• **TASK STATEMENT**: Each line from the one containing "forward_responses-IsOrdered code request enabled []" to the end of the records should be copied exactly, and no other line.

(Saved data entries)
▬▬▬▬▬▬▬▬▬▬

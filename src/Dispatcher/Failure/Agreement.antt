-- ===== src/Dispatcher/Failure/Agreement.antt =====
-- The two classifications of a failure agree.
use tunnel_client.Base.{
  ℕ, ◌≡◌, ◌≢◌, refl, true, false, ◌||◌, Option, none, some, if◌then◌else◌, arith, ◌⊎◌, inl, inr,
  Bool-cases,
}
use tunnel_client.Dispatcher.Failure.{
  Source, target_http, dns_source, tls_source, connect_source, transport_closed, timeout_source,
  protocol, client_internal, TransportErrorKind, unspecified, closed_pipe, connection_aborted,
  connection_closed, connection_refused, connection_reset, dial, dns, eof, host_unreachable,
  http_status, network_unreachable, timeout, tls, unexpected_eof, unknown_kind, canceled,
  NonProtocolKind, body_missing, body_unreadable, body_too_large, malformed, invalid_error,
  another_kind, TransportError, TunnelFailure, is_http_error, network_kind, stream_kind, kind_of,
  classify_transport_error_kind, public_kind, transport_source, source_of_error,
  classify_tunnel_failure,
}

-- The source that a kind belongs to.
abbrev pub source_of : TransportErrorKind → Source
source_of closed_pipe = transport_closed
source_of eof = transport_closed
source_of unexpected_eof = transport_closed
source_of connection_closed = transport_closed
source_of connection_reset = transport_closed
source_of connection_aborted = transport_closed
source_of dns = dns_source
source_of tls = tls_source
source_of timeout = timeout_source
source_of connection_refused = connect_source
source_of network_unreachable = connect_source
source_of host_unreachable = connect_source
source_of dial = connect_source
source_of http_status = target_http
source_of unspecified = client_internal
source_of unknown_kind = client_internal
source_of canceled = client_internal
source_of _ = protocol

network_source :
    (e : TransportError)
    → source_of (network_kind e) ≡ (
        if e.is_dial
        then connect_source
        else (if e.is_refused || (e.is_network_unreachable || e.is_host_unreachable)
            then connect_source
            else client_internal))
network_source e = ground arith

stream_source : (e : TransportError) → source_of (stream_kind e) ≡ transport_source e
stream_source e = ground (arith, network_source e)

source_of-kind_of :
    (status : ℕ) (o : Option NonProtocolKind) (e : TransportError)
    → is_http_error status ≡ false
    → source_of_error o e ≡ source_of (kind_of status o e)
source_of-kind_of status (some body_missing) e h = refl
source_of-kind_of status (some body_unreadable) e h = refl
source_of-kind_of status (some body_too_large) e h = refl
source_of-kind_of status (some malformed) e h = refl
source_of-kind_of status (some invalid_error) e h = refl
source_of-kind_of status (some another_kind) e h = refl
source_of-kind_of status none e h = ground (arith, stream_source e)

-- What is sent of a kind that was found.
abbrev pub IsPublic : TransportErrorKind → TransportErrorKind → Type 0
IsPublic found_kind sent_kind =
    ((found_kind ≡ canceled) × (sent_kind ≡ unspecified))
    ⊎ ((found_kind ≢ canceled) × (sent_kind ≡ found_kind))

public_kind-IsPublic : (k : TransportErrorKind) → IsPublic k (public_kind k)
public_kind-IsPublic canceled = inl (refl, refl)
public_kind-IsPublic k = inr ((λ e. cc), refl)

-- The target is blamed for its own status.
abbrev pub IsByTarget : ℕ → TunnelFailure → Type 0
IsByTarget status f =
    (is_http_error status ≡ true)
    × (f.source ≡ target_http)
    × (f.upstream_response_received ≡ true)
    × (f.upstream_status ≡ status)

abbrev pub IsByTransport : ℕ → TransportErrorKind → TunnelFailure → Type 0
IsByTransport status found_kind f =
    (is_http_error status ≡ false)
    × (f.source ≡ source_of found_kind)
    × (f.upstream_response_received ≡ false)
    × (f.upstream_status ≡ 0)

-- Whatever the status and the error are: a status from 400 to 599 makes the target the source of
-- the failure, with that status; otherwise the source is the one that the error's kind, found by a
-- separate chain of tests in another order, belongs to, and no status is given. The kind that is
-- sent is the kind found, but never a cancellation.
pub classify_tunnel_failure_lem :
    (status : ℕ) (e : TransportError)
    → (IsByTarget status (classify_tunnel_failure status e)
        ⊎ IsByTransport status
            (classify_transport_error_kind status e)
            (classify_tunnel_failure status e))
      × IsPublic
          (classify_transport_error_kind status e)
          (classify_tunnel_failure status e).transport_error_kind
unfolding classify_tunnel_failure classify_transport_error_kind
classify_tunnel_failure_lem status e = elim (Bool-cases (is_http_error status)) [
  | inl a ↦
      rw a (inl (refl, refl, refl, refl), public_kind-IsPublic (kind_of status e.non_protocol e))
  | inr a ↦ rw a (
    inr (refl, source_of-kind_of status e.non_protocol e a, refl, refl),
    public_kind-IsPublic (kind_of status e.non_protocol e),
  )
]
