-- ===== src/Dispatcher/Forwarding.antt =====
-- How the messages that an MCP server sends back to a request become posts to the control plane:
-- `forwardResponses` of pkg/dispatcher/internal/processor.go. What is read, how it encodes and
-- whether a post is accepted is the environment, one turn for each pass of the loop.
pub mod Order
pub mod Ends
use tunnel_client.Base.{
  ℕ, Bool, true, false, not, ◌&&◌, ◌||◌, Option, none, some, List, [], ◌∷◌, ◌==◌, if◌then◌else◌,
  Bytes,
}
use tunnel_client.Dispatcher.Failure.{
  TransportError, no_error, TunnelFailure, classify_tunnel_failure,
}

-- What goes to the control plane for a command. All but an event end the command.
pub data Post : Type 0 where
  event : (payload : Bytes) → (code : ℕ) → Post
  answer : (payload : Bytes) → (code : ℕ) → Post
  failure_answer : (code : ℕ) → TunnelFailure → Post
  acknowledgement : (code : ℕ) → Post
  channel_error : (code : ℕ) → Post
  terminated : (code : ℕ) → Post
  metadata : (code : ℕ) → Post

-- A post and whether it was accepted.
abbrev pub Sent : Type 0
Sent = Post × Bool

-- What `conn.Read` answers, with what the jsonrpc package encodes of it. An identifier that is not
-- valid is none.
pub data Reading : Type 0 where
  read_error : TransportError → Reading
  nil_message : Reading
  notification : (encoded : Option Bytes) → Reading
  response : (identifier : Option ℕ) → (encoded : Option Bytes) → Reading
  other_message : Reading

-- `accepted` is the answer to the post of this turn, if there is one.
pub record Turn : Type 0 where
  pub reading : Reading
  pub failure_encodes : Bool
  pub accepted : Bool

-- `ended` is false while the loop still reads.
pub record Forwarded : Type 0 where
  pub posts : List Sent
  pub ended : Bool
  pub response_delivered : Bool
  pub terminal_response_delivered : Bool
  pub mcp_response_received : Bool

abbrev pub still_reading : Forwarded
still_reading = record {
  posts = [];
  ended = false;
  response_delivered = false;
  terminal_response_delivered = false;
  mcp_response_received = false;
}

abbrev pub without_response : Forwarded
without_response = record still_reading { ended = true }

-- A payload that was encoded and is not empty.
abbrev pub usable : Option Bytes → Option Bytes
usable none = none
usable (some []) = none
usable (some (b ∷ bs)) = some (b ∷ bs)

-- `newProtocolFailureError`.
abbrev pub protocol_failure_error : TransportError
protocol_failure_error = record no_error { protocol_failure = true }

-- `postTerminalErrorResponse` and the return behind it.
unfoldable pub post_terminal_error_response : TransportError → Turn → Forwarded
post_terminal_error_response cause t =
    if t.failure_encodes
    then record without_response {
      posts = (failure_answer 502 (classify_tunnel_failure 0 cause), t.accepted) ∷ [];
      response_delivered = t.accepted;
    }
    else without_response

abbrev pub same_identifier : ℕ → Option ℕ → Bool
same_identifier request none = false
same_identifier request (some identifier) = identifier == request

unfoldable pub forward_final : (code request : ℕ) → Option ℕ → Option Bytes → Turn → Forwarded
unfolding post_terminal_error_response
forward_final code request identifier none t = post_terminal_error_response protocol_failure_error t
forward_final code request identifier (some payload) t =
    if same_identifier request identifier
    then record {
      posts = (answer payload code, t.accepted) ∷ [];
      ended = true;
      response_delivered = t.accepted;
      terminal_response_delivered = t.accepted;
      mcp_response_received = true;
    }
    else post_terminal_error_response protocol_failure_error t

unfoldable pub stop_at : TransportError → Turn → Forwarded
unfolding post_terminal_error_response
stop_at e t =
    if e.is_connection_closed || e.is_eof
    then post_terminal_error_response e t
    else if e.is_deadline || e.is_canceled
    then without_response
    else post_terminal_error_response e t

abbrev pub add_post : Sent → Forwarded → Forwarded
add_post s f = record f { posts = s ∷ f.posts }

-- One notification, with what comes of the readings behind it. One that does not encode ends the
-- forwarding without a response.
abbrev pub forward_notification : ℕ → Option Bytes → Bool → Forwarded → Forwarded
forward_notification code none accepted rest = without_response
forward_notification code (some payload) accepted rest =
    add_post (event payload code, accepted) rest

abbrev pub pass : (code request : ℕ) → (enabled : Bool) → Reading → Turn → Forwarded → Forwarded
pass code request enabled (read_error e) t rest = stop_at e t
pass code request enabled nil_message t rest = post_terminal_error_response protocol_failure_error t
pass code request enabled (notification encoded) t rest =
    if not enabled then rest else forward_notification code (usable encoded) t.accepted rest
pass code request enabled (response identifier encoded) t rest =
    forward_final code request identifier (usable encoded) t
pass code request enabled other_message t rest =
    post_terminal_error_response protocol_failure_error t

-- The loop, with `notificationForwardingEnabled`: a post of a notification that is not accepted
-- ends the forwarding of notifications.
unfoldable pub forward_responses : (code request : ℕ) → (enabled : Bool) → List Turn → Forwarded
forward_responses code request enabled [] = still_reading
forward_responses code request enabled (t ∷ ts) =
    let rest = forward_responses code request (enabled && t.accepted) ts in
    pass code request enabled t.reading t rest

-- What becomes of the connection when the forwarding ends.
pub data ConnectionEnd : Type 0 where
  left_open retired closed : ConnectionEnd

unfoldable pub connection_end :
    (deadline_reached preserves retires : Bool) → Forwarded → ConnectionEnd
connection_end deadline_reached preserves retires f =
    if f.terminal_response_delivered || (f.mcp_response_received && deadline_reached)
    then left_open
    else if f.mcp_response_received && preserves
    then left_open
    else if deadline_reached && retires
    then retired
    else closed
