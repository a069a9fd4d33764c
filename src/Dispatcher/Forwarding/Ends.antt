-- ===== src/Dispatcher/Forwarding/Ends.antt =====
-- When forwarding ends with one terminal post: `forwardResponses` of
-- pkg/dispatcher/internal/processor.go.
use tunnel_client.Base.{
  ℕ, ◌+◌, ◌≡◌, Bool, true, false, not, ◌&&◌, ◌||◌, Option, none, some, List, [], ◌∷◌, Bytes, arith,
  is_some,
}
use tunnel_client.Dispatcher.Failure.{TransportError}
use tunnel_client.Dispatcher.Forwarding.{
  event, Sent, Reading, read_error, nil_message, notification, response, other_message, Turn,
  Forwarded, usable, protocol_failure_error, post_terminal_error_response, forward_final, stop_at,
  forward_notification, pass, forward_responses,
}

-- How many posts end the command.
abbrev pub terminal_posts : List Sent → ℕ
terminal_posts [] = 0
terminal_posts ((event payload code, accepted) ∷ ps) = terminal_posts ps
terminal_posts (_ ∷ ps) = 1 + terminal_posts ps

-- An error that says nothing of a deadline or a cancellation, or that the connection is closed.
abbrev pub IsLoud : TransportError → Type 0
IsLoud e = ((e.is_connection_closed || e.is_eof) || not (e.is_deadline || e.is_canceled)) ≡ true

-- The server's messages end: with a response, an error that is not the expiry of the command, or
-- something that no server should send; a failure encodes, and so do all notifications before.
abbrev pub IsEnding : Reading → Turn → Type 0 → Type 0
IsEnding (read_error e) t rest = IsLoud e × (t.failure_encodes ≡ true)
IsEnding nil_message t rest = t.failure_encodes ≡ true
IsEnding (notification o) t rest = (is_some (usable o) ≡ true) × rest
IsEnding (response i o) t rest = t.failure_encodes ≡ true
IsEnding other_message t rest = t.failure_encodes ≡ true

abbrev pub Ends : List Turn → Type 0
Ends [] = ⊥
Ends (t ∷ ts) = IsEnding t.reading t (Ends ts)

-- One terminal post, and the loop is left.
abbrev pub IsFinished : Forwarded → Type 0
IsFinished f = (terminal_posts f.posts ≡ 1) × (f.ended ≡ true)

error_response-IsFinished :
    (e : TransportError) (t : Turn)
    → t.failure_encodes ≡ true
    → IsFinished (post_terminal_error_response e t)
unfolding post_terminal_error_response
error_response-IsFinished e t h = ground arith

stop_at-IsFinished :
    (e : TransportError) (t : Turn) → IsLoud e → t.failure_encodes ≡ true → IsFinished (stop_at e t)
unfolding stop_at
stop_at-IsFinished e t l h = ground (arith, error_response-IsFinished e t)

forward_final-IsFinished :
    (code request : ℕ) (i : Option ℕ) (o : Option Bytes) (t : Turn)
    → t.failure_encodes ≡ true
    → IsFinished (forward_final code request i o t)
unfolding forward_final
forward_final-IsFinished code request i none t h =
    error_response-IsFinished protocol_failure_error t h
forward_final-IsFinished code request i (some p) t h =
    ground (arith, error_response-IsFinished protocol_failure_error t h)

forward_notification-IsFinished :
    (code : ℕ) (o : Option Bytes) (accepted : Bool) (rest : Forwarded)
    → is_some o ≡ true
    → IsFinished rest
    → IsFinished (forward_notification code o accepted rest)
forward_notification-IsFinished code none accepted rest e h = cc
forward_notification-IsFinished code (some p) accepted rest e h = h

pass-IsFinished :
    (code request : ℕ) (enabled : Bool) (r : Reading) (t : Turn) (later : Type 0) (rest : Forwarded)
    → IsEnding r t later
    → (later → IsFinished rest)
    → IsFinished (pass code request enabled r t rest)
pass-IsFinished code request enabled (read_error e) t later rest h k =
    stop_at-IsFinished e t h.0 h.1
pass-IsFinished code request enabled nil_message t later rest h k =
    error_response-IsFinished protocol_failure_error t h
pass-IsFinished code request true (notification o) t later rest h k =
    forward_notification-IsFinished code (usable o) t.accepted rest h.0 (k h.1)
pass-IsFinished code request false (notification o) t later rest h k = k h.1
pass-IsFinished code request enabled (response i o) t later rest h k =
    forward_final-IsFinished code request i (usable o) t h
pass-IsFinished code request enabled other_message t later rest h k =
    error_response-IsFinished protocol_failure_error t h

pub forward_responses-IsFinished :
    (code request : ℕ) (enabled : Bool) (ts : List Turn)
    → Ends ts
    → IsFinished (forward_responses code request enabled ts)
unfolding forward_responses
forward_responses-IsFinished code request enabled [] h = elim h [ ]
forward_responses-IsFinished code request enabled (t ∷ ts) h =
    pass-IsFinished code request enabled t.reading t (Ends ts)
      (forward_responses code request (enabled && t.accepted) ts) h
      (λ k. forward_responses-IsFinished code request (enabled && t.accepted) ts k)
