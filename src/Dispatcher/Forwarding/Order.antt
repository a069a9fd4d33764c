-- ===== src/Dispatcher/Forwarding/Order.antt =====
-- The order of the posts for one request: `forwardResponses` of pkg/dispatcher/internal/processor.go.
use tunnel_client.Base.{
  ℕ, ◌≡◌, refl, Bool, true, false, ◌&&◌, Option, none, some, List, [], ◌∷◌, Bytes, arith,
}
use tunnel_client.Dispatcher.Failure.{TransportError}
use tunnel_client.Dispatcher.Forwarding.{
  event, Sent, Reading, read_error, nil_message, notification, response, other_message, Turn,
  Forwarded, usable, protocol_failure_error, post_terminal_error_response, forward_final, stop_at,
  forward_notification, pass, forward_responses,
}

-- Events first, none behind one that was not accepted; then at most one post that ends the command,
-- and nothing behind it.
abbrev pub IsOrdered : (enabled : Bool) → List Sent → Type 0
IsOrdered enabled [] = Unit {0}
IsOrdered enabled ((event payload code, accepted) ∷ ps) =
    (enabled ≡ true) × IsOrdered (enabled && accepted) ps
IsOrdered enabled (_ ∷ ps) = ps ≡ []

error_response-IsOrdered :
    (enabled : Bool) (e : TransportError) (t : Turn)
    → IsOrdered enabled (post_terminal_error_response e t).posts
unfolding post_terminal_error_response
error_response-IsOrdered enabled e t = ground arith

stop_at-IsOrdered :
    (enabled : Bool) (e : TransportError) (t : Turn) → IsOrdered enabled (stop_at e t).posts
unfolding stop_at
stop_at-IsOrdered enabled e t = ground (arith, error_response-IsOrdered enabled e t)

forward_final-IsOrdered :
    (enabled : Bool) (code request : ℕ) (i : Option ℕ) (o : Option Bytes) (t : Turn)
    → IsOrdered enabled (forward_final code request i o t).posts
unfolding forward_final
forward_final-IsOrdered enabled code request i none t =
    error_response-IsOrdered enabled protocol_failure_error t
forward_final-IsOrdered enabled code request i (some p) t =
    ground (arith, error_response-IsOrdered enabled protocol_failure_error t)

forward_notification-IsOrdered :
    (code : ℕ) (o : Option Bytes) (accepted : Bool) (rest : Forwarded)
    → IsOrdered accepted rest.posts
    → IsOrdered true (forward_notification code o accepted rest).posts
forward_notification-IsOrdered code none accepted rest h = tt
forward_notification-IsOrdered code (some p) accepted rest h = (refl, h)

pass-IsOrdered :
    (code request : ℕ) (enabled : Bool) (r : Reading) (t : Turn) (rest : Forwarded)
    → IsOrdered (enabled && t.accepted) rest.posts
    → IsOrdered enabled (pass code request enabled r t rest).posts
pass-IsOrdered code request enabled (read_error e) t rest h = stop_at-IsOrdered enabled e t
pass-IsOrdered code request enabled nil_message t rest h =
    error_response-IsOrdered enabled protocol_failure_error t
pass-IsOrdered code request true (notification o) t rest h =
    forward_notification-IsOrdered code (usable o) t.accepted rest h
pass-IsOrdered code request false (notification o) t rest h = h
pass-IsOrdered code request enabled (response i o) t rest h =
    forward_final-IsOrdered enabled code request i (usable o) t
pass-IsOrdered code request enabled other_message t rest h =
    error_response-IsOrdered enabled protocol_failure_error t

pub forward_responses-IsOrdered :
    (code request : ℕ) (enabled : Bool) (ts : List Turn)
    → IsOrdered enabled (forward_responses code request enabled ts).posts
unfolding forward_responses
forward_responses-IsOrdered code request enabled [] = tt
forward_responses-IsOrdered code request enabled (t ∷ ts) =
    pass-IsOrdered code request enabled t.reading t
      (forward_responses code request (enabled && t.accepted) ts)
      (forward_responses-IsOrdered code request (enabled && t.accepted) ts)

▬▬▬▬▬▬▬▬▬▬

• **RESULT FOR THIS TASK**:
forward_responses-IsOrdered code request enabled [] = tt
forward_responses-IsOrdered code request enabled (t ∷ ts) =
    pass-IsOrdered code request enabled t.reading t
      (forward_responses code request (enabled && t.accepted) ts)
      (forward_responses-IsOrdered code request (enabled && t.accepted) ts)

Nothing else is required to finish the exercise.